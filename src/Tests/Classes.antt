-- ===== src/Tests/Classes.antt =====
-- A cluster that is a map of storage classes with versions, with a selector that looks at the first label.
mod Listing
pub mod Laws
use cloudstack_csi_driver.Prelude.{
  String, Bool, true, false, not, ◌&&◌, Option, none, some, List, [], ◌∷◌, ◌≡◌, ◌≢◌, ◌↔◌, ◌=?◌,
  refl, arith, if◌then◌else◌, Option-cases, Bool-cases, inl, inr, ◌||◌, ◌∙◌, ap, subst, sym,
}
use cloudstack_csi_driver.Prelude.Maps.{Map, lookup, insert, erase, lookup-insert, lookup-erase}
use cloudstack_csi_driver.Prelude.Prog.{Prog, ok, err}
use cloudstack_csi_driver.Syncer.Classes.{StorageClass, found}
use cloudstack_csi_driver.Syncer.Run.{Cluster, names_of}
use cloudstack_csi_driver.Tests.Syncer.{offering, ascii}

abbrev pub Shelf : Type 0
Shelf = Map StorageClass

-- An entry counts if its key is the name of its class, and not empty.
abbrev pub valid : String → StorageClass → Bool
valid k sc = (not (k =? "") && (sc.name =? k)) && not (sc.resource_version =? "")

abbrev pub valid_at : String → Option StorageClass → Option StorageClass
valid_at k none = none
valid_at k (some sc) = if valid k sc then some sc else none

abbrev pub class_at : Shelf → String → Option StorageClass
class_at s n = valid_at n (lookup n s)

-- The error tells whether the class is not found.
abbrev pub answered : Option StorageClass → Prog Bool Shelf StorageClass
answered none s = err true s
answered (some sc) s = ok sc s

abbrev pub get : String → Prog Bool Shelf StorageClass
get n s = answered (class_at s n) s

-- A class that is there is not made again.
abbrev pub made : StorageClass → Option StorageClass → Prog Bool Shelf (Unit {0})
made sc (some old) s = err false s
made sc none s =
    if sc.name =? ""
    then err false s
    else ok tt (insert sc.name (record sc { resource_version = "1" }) s)

abbrev pub create : StorageClass → Prog Bool Shelf (Unit {0})
create sc s = made sc (class_at s sc.name) s

-- There are two versions, which take turns.
abbrev pub next : String → String
next v = if v =? "1" then "2" else "1"

-- The state that a write leads to, where the class is there.
abbrev pub written : Option StorageClass → Shelf → Prog Bool Shelf (Unit {0})
written none s' s = err true s
written (some old) s' s = ok tt s'

-- An update with a version other than that of the class is a conflict.
abbrev pub replaced : StorageClass → Option StorageClass → Prog Bool Shelf (Unit {0})
replaced sc none s = err true s
replaced sc (some old) s =
    if (sc.resource_version =? "") || (sc.resource_version =? old.resource_version)
    then ok tt (insert sc.name (record sc { resource_version = next old.resource_version }) s)
    else err false s

abbrev pub update : StorageClass → Prog Bool Shelf (Unit {0})
update sc s = replaced sc (class_at s sc.name) s

abbrev pub delete : String → Prog Bool Shelf (Unit {0})
delete n s = written (class_at s n) (erase n s) s

abbrev pub is_value : String → Option String → Bool
is_value v none = false
is_value v (some w) = v =? w

abbrev pub selects : Map String → Map String → Bool
selects [] labels = true
selects ((k, v) ∷ rest) labels = is_value v (lookup k labels)

abbrev pub merge : Map String → Map String → Map String
merge old [] = old
merge old ((k, v) ∷ labels) = (k, v) ∷ old

abbrev pub filter_out : String → List StorageClass → List StorageClass
filter_out k [] = []
filter_out k (sc ∷ scs) = let rest = filter_out k scs in if sc.name =? k then rest else sc ∷ rest

abbrev pub selected : Map String → Shelf → List StorageClass
selected labels [] = []
selected labels ((k, sc) ∷ s) =
    let rest = filter_out k (selected labels s) in
    if valid k sc && selects labels sc.labels then sc ∷ rest else rest

abbrev pub version_of : Option StorageClass → String
version_of none = ""
version_of (some sc) = sc.resource_version

abbrev pub version : Shelf → String → String
version s n = version_of (class_at s n)

abbrev pub shelf : Cluster
shelf = record {
  State = Shelf;
  Error = Bool;
  is_not_found = λ e. e;
  list_classes = λ labels s. ok (selected labels s) s;
  get_class = get;
  create_class = create;
  update_class = update;
  delete_class = delete;
  list_offerings = λ s. ok (offering ∷ []) s;
  matches = selects;
  merge = merge;
  normalize = ascii;
}
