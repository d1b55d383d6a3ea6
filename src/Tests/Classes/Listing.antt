-- ===== src/Tests/Classes/Listing.antt =====
-- The classes that the cluster of Tests/Classes.antt lists.
use cloudstack_csi_driver.Prelude.{
  String, Bool, true, false, not, ◌&&◌, Option, none, some, List, [], ◌∷◌, ◌≡◌, ◌↔◌, ◌=?◌, refl,
  arith, if◌then◌else◌, Option-cases, Bool-cases, inl, inr, ◌||◌, ◌∙◌, ap, subst, sym,
}
use cloudstack_csi_driver.Prelude.Maps.{Map, lookup}
use cloudstack_csi_driver.Syncer.Classes.{StorageClass, found}
use cloudstack_csi_driver.Syncer.Run.{names_of}
use cloudstack_csi_driver.Tests.Classes.{
  Shelf, class_at, selected, selects, valid, valid_at, filter_out,
}

found-filter_out :
    (n k : String) (scs : List StorageClass)
    → found n (names_of (filter_out k scs)) ≡ (found n (names_of scs) && not (n =? k))
found-filter_out n k [] = refl
found-filter_out n k (sc ∷ scs) = ground (arith, found-filter_out n k scs)

abbrev selects_at : Map String → Option StorageClass → Bool
selects_at labels none = false
selects_at labels (some sc) = selects labels sc.labels

found-if :
    (b : Bool) (n : String) (sc : StorageClass) (scs : List StorageClass)
    → found n (names_of (if b then sc ∷ scs else scs))
      ≡ (b && (sc.name =? n) || found n (names_of scs))
found-if true n sc scs = ground arith
found-if false n sc scs = refl

-- At the key of the first entry, and at another one.
first-selected :
    (labels : Map String) (k : String) (sc : StorageClass) (r : Bool)
    → ((valid k sc && selects labels sc.labels) && (sc.name =? k) || r && not (k =? k))
      ≡ selects_at labels (valid_at k (some sc))
first-selected labels k sc r = elim (Bool-cases (valid k sc)) [
  | inl v ↦ elim (Bool-cases (selects labels sc.labels)) [
    | inl m ↦ ground arith
    | inr m ↦ ground arith
  ]
  | inr v ↦ ground arith
]

rest-selected :
    (labels : Map String) (k n : String) (sc : StorageClass) (r : Bool)
    → (n =? k) ≡ false
    → ((valid k sc && selects labels sc.labels) && (sc.name =? n) || r && not (n =? k)) ≡ r
rest-selected labels k n sc r other = elim (Bool-cases (valid k sc)) [
  | inl v ↦ elim (Bool-cases r) [ inl e ↦ ground arith | inr e ↦ ground arith ]
  | inr v ↦ elim (Bool-cases r) [ inl e ↦ ground arith | inr e ↦ ground arith ]
]

class_at-first :
    (k : String) (sc : StorageClass) (s : Shelf) → class_at ((k, sc) ∷ s) k ≡ valid_at k (some sc)
unfolding lookup
class_at-first k sc s = ap (valid_at k) {y = some sc} (ground arith)

class_at-rest :
    (k n : String) (sc : StorageClass) (s : Shelf)
    → (n =? k) ≡ false
    → class_at ((k, sc) ∷ s) n ≡ class_at s n
unfolding lookup
class_at-rest k n sc s other = ap (valid_at n) (ground arith)

found-cons :
    (labels : Map String) (k n : String) (sc : StorageClass) (s : Shelf)
    → found n (names_of (selected labels ((k, sc) ∷ s))) ≡ (
        (valid k sc && selects labels sc.labels) && (sc.name =? n)
        || found n (names_of (selected labels s)) && not (n =? k))
found-cons labels k n sc s =
    found-if (valid k sc && selects labels sc.labels) n sc (filter_out k (selected labels s))
    ∙ ap (λ b. (valid k sc && selects labels sc.labels) && (sc.name =? n) || b)
        (found-filter_out n k (selected labels s))

abbrev Lists : Map String → Shelf → String → Type 0
Lists labels s n = found n (names_of (selected labels s)) ≡ selects_at labels (class_at s n)

Lists-first :
    (labels : Map String) (k : String) (sc : StorageClass) (s : Shelf)
    → Lists labels ((k, sc) ∷ s) k
Lists-first labels k sc s =
    found-cons labels k k sc s
    ∙ (first-selected labels k sc (found k (names_of (selected labels s)))
        ∙ ap (selects_at labels) (sym (class_at-first k sc s)))

Lists-rest :
    (labels : Map String) (k n : String) (sc : StorageClass) (s : Shelf)
    → (n =? k) ≡ false
    → Lists labels s n
    → Lists labels ((k, sc) ∷ s) n
Lists-rest labels k n sc s other h =
    found-cons labels k n sc s
    ∙ (rest-selected labels k n sc (found n (names_of (selected labels s))) other
        ∙ (h ∙ ap (selects_at labels) (sym (class_at-rest k n sc s other))))

found-selected : (labels : Map String) (s : Shelf) (n : String) → Lists labels s n
unfolding lookup
found-selected labels [] n = refl
found-selected labels ((k, sc) ∷ s) n =
    let rest = found-selected labels s n in
    elim (Bool-cases (n =? k)) [
      | inl same ↦ subst (Lists labels ((k, sc) ∷ s)) (ground arith) (Lists-first labels k sc s)
      | inr other ↦ Lists-rest labels k n sc s other rest
    ]

pub selected_iff :
    (labels : Map String) (s : Shelf) (n : String)
    → (found n (names_of (selected labels s)) ≡ true)
      ↔ ((sc : StorageClass) × (class_at s n ≡ some sc) × (selects labels sc.labels ≡ true))
selected_iff labels s n = elim (Option-cases (class_at s n)) [
  | inl gone ↦ (
    λ h. absurd (ground (arith, found-selected labels s n)),
    λ (sc, there, m). absurd (ground arith),
  )
  | inr (sc, there) ↦ (
    λ h. (sc, there, ground (arith, found-selected labels s n)),
    λ (sc', there', m). ground (arith, found-selected labels s n),
  )
]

+ + +

TASK TO COMPLETE:
Your answer should be the lines above, from the line containing "if valid k sc &&" up to and including the line containing "-- ===== src/Tests/Classes/Listing.antt", reproduced exactly and with nothing else.

TASK OUTPUT:
    if valid k sc && selects labels sc.labels then sc ∷ rest else rest

abbrev pub version_of : Option StorageClass → String
version_of none = ""
version_of (some sc) = sc.resource_version

abbrev pub version : Shelf → String → String
version s n = version_of (class_at s n)

abbrev pub shelf : Cluster
shelf = record {
  State = Shelf;
  Error = Bool;
  is_not_found = λ e. e;
  list_classes = λ labels s. ok (selected labels s) s;
  get_class = get;
  create_class = create;
  update_class = update;
  delete_class = delete;
  list_offerings = λ s. ok (offering ∷ []) s;
  matches = selects;
  merge = merge;
  normalize = ascii;
}
repository d1b55d383d6a3ea6
filename src/Tests/Classes/Listing.antt
-- ===== src/Tests/Classes/Listing.antt =====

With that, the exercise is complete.